*AIM OF THE EXERCISE*.
Your result should be every line of the records below that contains the word "through".

════

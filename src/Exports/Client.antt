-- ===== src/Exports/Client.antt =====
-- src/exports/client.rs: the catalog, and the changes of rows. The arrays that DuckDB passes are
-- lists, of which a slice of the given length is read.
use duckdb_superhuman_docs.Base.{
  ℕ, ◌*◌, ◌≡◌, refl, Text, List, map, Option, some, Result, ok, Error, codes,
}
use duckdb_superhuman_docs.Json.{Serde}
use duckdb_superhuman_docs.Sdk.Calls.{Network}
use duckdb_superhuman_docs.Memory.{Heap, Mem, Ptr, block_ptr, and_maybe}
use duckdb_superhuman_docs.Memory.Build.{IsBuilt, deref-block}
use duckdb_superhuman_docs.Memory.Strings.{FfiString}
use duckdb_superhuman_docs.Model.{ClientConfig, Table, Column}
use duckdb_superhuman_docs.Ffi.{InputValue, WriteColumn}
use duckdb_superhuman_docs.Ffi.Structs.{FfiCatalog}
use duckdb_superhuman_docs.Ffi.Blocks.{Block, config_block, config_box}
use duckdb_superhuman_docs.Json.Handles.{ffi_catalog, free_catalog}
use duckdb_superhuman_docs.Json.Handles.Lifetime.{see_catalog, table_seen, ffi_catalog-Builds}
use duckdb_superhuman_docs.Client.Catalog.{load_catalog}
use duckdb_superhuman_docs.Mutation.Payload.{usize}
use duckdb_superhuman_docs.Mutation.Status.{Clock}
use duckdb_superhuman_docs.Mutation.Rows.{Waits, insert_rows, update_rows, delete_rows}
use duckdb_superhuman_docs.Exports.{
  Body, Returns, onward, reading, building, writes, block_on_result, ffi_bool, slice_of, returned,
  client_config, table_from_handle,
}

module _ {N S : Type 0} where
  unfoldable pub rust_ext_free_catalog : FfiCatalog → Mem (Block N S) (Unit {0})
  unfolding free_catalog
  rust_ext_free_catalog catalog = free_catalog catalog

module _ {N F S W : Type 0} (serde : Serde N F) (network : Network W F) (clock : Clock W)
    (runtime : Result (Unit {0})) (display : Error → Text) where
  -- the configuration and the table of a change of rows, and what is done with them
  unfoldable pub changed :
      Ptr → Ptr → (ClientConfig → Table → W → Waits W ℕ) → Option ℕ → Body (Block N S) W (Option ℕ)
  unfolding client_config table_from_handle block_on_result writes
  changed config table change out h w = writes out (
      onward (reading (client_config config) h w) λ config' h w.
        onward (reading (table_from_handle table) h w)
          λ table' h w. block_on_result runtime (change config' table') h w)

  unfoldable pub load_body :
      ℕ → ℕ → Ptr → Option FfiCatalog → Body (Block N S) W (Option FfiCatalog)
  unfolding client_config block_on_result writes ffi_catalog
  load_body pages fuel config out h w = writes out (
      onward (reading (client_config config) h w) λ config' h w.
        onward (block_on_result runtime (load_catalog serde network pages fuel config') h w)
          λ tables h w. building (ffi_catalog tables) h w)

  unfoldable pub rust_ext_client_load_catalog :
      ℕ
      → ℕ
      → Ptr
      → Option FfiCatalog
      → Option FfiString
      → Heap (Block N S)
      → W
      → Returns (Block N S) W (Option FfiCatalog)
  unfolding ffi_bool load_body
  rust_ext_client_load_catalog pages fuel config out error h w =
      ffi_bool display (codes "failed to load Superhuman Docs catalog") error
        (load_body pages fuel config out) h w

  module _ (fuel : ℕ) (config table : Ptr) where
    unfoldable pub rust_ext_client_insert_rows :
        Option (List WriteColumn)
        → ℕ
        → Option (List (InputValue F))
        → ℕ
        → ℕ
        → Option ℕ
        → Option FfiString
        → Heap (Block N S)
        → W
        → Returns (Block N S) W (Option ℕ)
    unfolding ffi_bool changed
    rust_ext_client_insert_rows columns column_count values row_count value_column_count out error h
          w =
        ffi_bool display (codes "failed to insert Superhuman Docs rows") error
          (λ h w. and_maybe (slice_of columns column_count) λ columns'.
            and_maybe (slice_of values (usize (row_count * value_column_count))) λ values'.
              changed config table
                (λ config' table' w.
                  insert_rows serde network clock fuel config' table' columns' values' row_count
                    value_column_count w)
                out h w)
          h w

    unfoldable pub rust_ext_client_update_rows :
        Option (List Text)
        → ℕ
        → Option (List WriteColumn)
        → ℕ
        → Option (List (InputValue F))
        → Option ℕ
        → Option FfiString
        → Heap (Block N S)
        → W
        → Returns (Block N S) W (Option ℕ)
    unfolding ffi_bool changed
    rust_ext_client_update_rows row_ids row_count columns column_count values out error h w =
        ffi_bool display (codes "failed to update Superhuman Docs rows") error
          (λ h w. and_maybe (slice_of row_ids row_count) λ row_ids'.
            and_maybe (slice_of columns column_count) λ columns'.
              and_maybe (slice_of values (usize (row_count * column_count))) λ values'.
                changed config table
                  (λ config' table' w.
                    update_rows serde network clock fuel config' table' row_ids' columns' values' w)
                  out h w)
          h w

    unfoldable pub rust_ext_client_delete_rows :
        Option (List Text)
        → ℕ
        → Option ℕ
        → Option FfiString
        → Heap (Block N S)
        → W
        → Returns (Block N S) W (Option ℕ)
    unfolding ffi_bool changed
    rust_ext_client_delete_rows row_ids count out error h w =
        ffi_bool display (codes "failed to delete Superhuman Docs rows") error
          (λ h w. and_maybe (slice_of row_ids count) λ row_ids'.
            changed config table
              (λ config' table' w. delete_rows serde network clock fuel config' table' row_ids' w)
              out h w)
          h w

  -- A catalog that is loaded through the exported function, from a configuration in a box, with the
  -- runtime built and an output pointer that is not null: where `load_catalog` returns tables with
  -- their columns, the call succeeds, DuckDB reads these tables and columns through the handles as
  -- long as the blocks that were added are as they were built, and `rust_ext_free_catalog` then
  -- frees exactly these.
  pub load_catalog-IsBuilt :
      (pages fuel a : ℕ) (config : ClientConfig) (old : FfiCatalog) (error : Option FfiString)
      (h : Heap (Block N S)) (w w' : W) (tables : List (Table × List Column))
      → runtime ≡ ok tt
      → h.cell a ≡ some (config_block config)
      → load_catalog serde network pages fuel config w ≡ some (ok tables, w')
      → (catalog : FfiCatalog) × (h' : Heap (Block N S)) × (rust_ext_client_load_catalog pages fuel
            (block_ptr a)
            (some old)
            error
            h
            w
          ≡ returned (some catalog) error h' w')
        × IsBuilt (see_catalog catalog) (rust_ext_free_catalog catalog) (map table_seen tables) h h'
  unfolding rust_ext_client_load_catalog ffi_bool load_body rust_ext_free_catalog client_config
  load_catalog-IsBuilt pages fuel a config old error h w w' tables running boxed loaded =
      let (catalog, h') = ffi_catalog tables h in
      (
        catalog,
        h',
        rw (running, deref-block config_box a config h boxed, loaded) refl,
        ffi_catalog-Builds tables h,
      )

════

*FINISHED EXERCISE*.
  -- A catalog that is loaded through the exported function, from a configuration in a box, with the
  -- their columns, the call succeeds, DuckDB reads these tables and columns through the handles as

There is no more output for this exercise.